*** Opening of LISTED ENTRIES ***

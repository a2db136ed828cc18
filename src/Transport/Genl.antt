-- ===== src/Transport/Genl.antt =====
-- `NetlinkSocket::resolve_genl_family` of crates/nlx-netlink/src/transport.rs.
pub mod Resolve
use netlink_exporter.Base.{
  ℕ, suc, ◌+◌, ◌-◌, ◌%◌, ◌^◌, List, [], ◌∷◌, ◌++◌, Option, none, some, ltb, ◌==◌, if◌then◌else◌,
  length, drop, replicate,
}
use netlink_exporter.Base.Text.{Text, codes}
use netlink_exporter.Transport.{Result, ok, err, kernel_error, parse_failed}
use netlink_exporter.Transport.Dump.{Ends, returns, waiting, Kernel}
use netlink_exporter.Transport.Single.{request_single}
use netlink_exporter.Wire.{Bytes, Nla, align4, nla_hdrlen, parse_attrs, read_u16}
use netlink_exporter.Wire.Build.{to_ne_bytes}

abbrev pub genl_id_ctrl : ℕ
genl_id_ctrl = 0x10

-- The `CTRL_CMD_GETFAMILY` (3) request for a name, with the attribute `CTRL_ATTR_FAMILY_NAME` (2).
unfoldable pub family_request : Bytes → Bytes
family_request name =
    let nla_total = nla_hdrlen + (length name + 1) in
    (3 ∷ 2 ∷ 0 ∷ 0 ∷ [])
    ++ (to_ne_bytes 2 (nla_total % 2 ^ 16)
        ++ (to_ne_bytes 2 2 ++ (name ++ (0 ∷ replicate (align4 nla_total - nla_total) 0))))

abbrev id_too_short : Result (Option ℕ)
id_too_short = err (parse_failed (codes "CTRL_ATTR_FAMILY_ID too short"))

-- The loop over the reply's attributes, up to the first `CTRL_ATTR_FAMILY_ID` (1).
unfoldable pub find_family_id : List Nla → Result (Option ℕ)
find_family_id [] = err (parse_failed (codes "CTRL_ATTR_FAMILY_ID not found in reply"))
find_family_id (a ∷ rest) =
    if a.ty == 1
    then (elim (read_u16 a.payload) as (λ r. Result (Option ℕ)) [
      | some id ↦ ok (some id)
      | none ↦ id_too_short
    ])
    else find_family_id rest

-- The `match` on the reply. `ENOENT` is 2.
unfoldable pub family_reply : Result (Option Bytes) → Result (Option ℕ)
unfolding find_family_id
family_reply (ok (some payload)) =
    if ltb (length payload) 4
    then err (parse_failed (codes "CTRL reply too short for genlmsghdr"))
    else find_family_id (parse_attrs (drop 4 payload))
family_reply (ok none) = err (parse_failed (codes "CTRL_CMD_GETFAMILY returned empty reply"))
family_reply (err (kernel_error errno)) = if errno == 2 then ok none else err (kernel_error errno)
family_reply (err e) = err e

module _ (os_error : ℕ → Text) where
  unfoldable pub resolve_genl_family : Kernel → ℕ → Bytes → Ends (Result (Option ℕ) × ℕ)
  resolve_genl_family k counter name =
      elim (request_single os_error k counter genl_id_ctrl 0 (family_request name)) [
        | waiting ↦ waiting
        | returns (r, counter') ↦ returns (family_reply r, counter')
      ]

*** Close of LISTED ENTRIES ***
*** Opening of LISTED ENTRIES ***

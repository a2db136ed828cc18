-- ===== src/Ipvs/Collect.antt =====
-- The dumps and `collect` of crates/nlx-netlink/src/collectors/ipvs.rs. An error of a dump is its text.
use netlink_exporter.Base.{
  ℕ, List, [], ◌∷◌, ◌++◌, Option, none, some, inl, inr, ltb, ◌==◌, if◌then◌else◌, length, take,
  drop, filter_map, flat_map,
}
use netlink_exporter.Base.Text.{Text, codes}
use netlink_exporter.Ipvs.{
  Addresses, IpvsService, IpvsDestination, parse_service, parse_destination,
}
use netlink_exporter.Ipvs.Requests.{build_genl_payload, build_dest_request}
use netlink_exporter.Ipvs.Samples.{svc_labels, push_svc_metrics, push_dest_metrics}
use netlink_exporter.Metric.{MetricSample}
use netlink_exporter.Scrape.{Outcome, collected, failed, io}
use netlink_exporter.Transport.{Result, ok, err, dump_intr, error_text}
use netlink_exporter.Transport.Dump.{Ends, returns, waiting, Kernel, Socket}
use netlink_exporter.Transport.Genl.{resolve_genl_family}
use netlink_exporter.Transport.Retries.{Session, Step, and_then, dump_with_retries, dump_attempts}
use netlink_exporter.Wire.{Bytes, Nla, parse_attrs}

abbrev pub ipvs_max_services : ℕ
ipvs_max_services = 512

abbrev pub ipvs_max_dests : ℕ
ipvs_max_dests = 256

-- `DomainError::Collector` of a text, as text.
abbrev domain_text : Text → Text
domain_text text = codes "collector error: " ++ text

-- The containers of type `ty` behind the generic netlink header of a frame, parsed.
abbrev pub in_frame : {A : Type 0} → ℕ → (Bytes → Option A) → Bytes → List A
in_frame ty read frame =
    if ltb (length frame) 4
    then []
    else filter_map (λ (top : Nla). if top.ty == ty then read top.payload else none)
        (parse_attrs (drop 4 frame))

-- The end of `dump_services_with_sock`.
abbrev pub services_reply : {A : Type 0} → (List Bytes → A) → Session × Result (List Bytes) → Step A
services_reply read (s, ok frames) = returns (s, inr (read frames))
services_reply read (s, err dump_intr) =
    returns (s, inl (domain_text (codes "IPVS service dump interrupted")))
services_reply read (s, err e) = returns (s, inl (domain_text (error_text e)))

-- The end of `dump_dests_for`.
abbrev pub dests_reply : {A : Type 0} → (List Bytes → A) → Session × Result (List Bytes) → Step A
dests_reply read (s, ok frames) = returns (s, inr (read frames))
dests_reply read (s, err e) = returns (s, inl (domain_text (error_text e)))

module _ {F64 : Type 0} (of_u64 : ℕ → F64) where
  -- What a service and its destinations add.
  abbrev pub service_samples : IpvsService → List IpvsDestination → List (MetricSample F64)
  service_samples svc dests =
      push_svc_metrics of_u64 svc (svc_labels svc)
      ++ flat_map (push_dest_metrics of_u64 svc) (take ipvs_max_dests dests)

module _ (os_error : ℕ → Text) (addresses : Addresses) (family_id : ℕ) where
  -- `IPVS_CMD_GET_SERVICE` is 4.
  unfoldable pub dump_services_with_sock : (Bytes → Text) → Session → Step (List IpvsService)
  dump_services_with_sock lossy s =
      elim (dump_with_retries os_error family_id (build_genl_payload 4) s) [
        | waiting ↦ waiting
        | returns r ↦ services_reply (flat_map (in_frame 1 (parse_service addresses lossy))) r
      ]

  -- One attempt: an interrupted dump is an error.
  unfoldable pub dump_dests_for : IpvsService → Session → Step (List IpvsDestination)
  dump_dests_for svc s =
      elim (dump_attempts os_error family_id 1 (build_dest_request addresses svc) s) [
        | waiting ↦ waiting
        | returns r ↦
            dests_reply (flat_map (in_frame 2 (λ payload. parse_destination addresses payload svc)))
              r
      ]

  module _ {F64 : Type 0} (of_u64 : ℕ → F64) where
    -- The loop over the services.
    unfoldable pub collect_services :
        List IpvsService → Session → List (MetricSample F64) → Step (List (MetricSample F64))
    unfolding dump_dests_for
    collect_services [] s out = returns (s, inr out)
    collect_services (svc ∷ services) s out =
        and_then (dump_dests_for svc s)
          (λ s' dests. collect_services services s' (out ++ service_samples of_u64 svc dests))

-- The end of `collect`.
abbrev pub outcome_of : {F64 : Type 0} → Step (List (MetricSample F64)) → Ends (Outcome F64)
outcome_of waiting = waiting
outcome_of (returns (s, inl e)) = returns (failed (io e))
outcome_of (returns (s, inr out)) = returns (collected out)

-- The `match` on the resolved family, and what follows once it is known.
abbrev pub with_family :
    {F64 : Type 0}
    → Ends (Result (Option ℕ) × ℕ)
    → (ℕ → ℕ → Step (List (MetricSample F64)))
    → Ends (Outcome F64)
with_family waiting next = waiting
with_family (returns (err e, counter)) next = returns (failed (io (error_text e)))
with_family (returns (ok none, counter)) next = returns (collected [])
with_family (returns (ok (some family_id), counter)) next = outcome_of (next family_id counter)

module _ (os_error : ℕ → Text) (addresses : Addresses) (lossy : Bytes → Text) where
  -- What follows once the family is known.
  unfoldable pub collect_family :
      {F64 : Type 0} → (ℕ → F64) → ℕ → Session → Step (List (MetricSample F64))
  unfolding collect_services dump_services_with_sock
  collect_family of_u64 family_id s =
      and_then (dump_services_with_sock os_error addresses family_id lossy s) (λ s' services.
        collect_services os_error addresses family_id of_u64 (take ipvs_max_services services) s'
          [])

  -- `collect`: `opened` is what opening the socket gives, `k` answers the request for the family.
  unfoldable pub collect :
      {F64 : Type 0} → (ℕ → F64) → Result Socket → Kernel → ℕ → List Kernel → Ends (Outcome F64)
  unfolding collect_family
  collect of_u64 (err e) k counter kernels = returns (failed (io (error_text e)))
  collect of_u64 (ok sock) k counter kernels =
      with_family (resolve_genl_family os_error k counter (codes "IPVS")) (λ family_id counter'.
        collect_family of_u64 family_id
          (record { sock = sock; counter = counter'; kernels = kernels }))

*** Close of LISTED ENTRIES ***

From the line that has "abbrev pub outcome_of" through the line that has "abbrev pub with_family", copy every line exactly as it appears above, and leave out all others.

> _YOUR SOLUTION_:
abbrev pub outcome_of : {F64 : Type 0} → Step (List (MetricSample F64)) → Ends (Outcome F64)
outcome_of waiting = waiting
outcome_of (returns (s, inl e)) = returns (failed (io e))
outcome_of (returns (s, inr out)) = returns (collected out)

-- The `match` on the resolved family, and what follows once it is known.
abbrev pub with_family :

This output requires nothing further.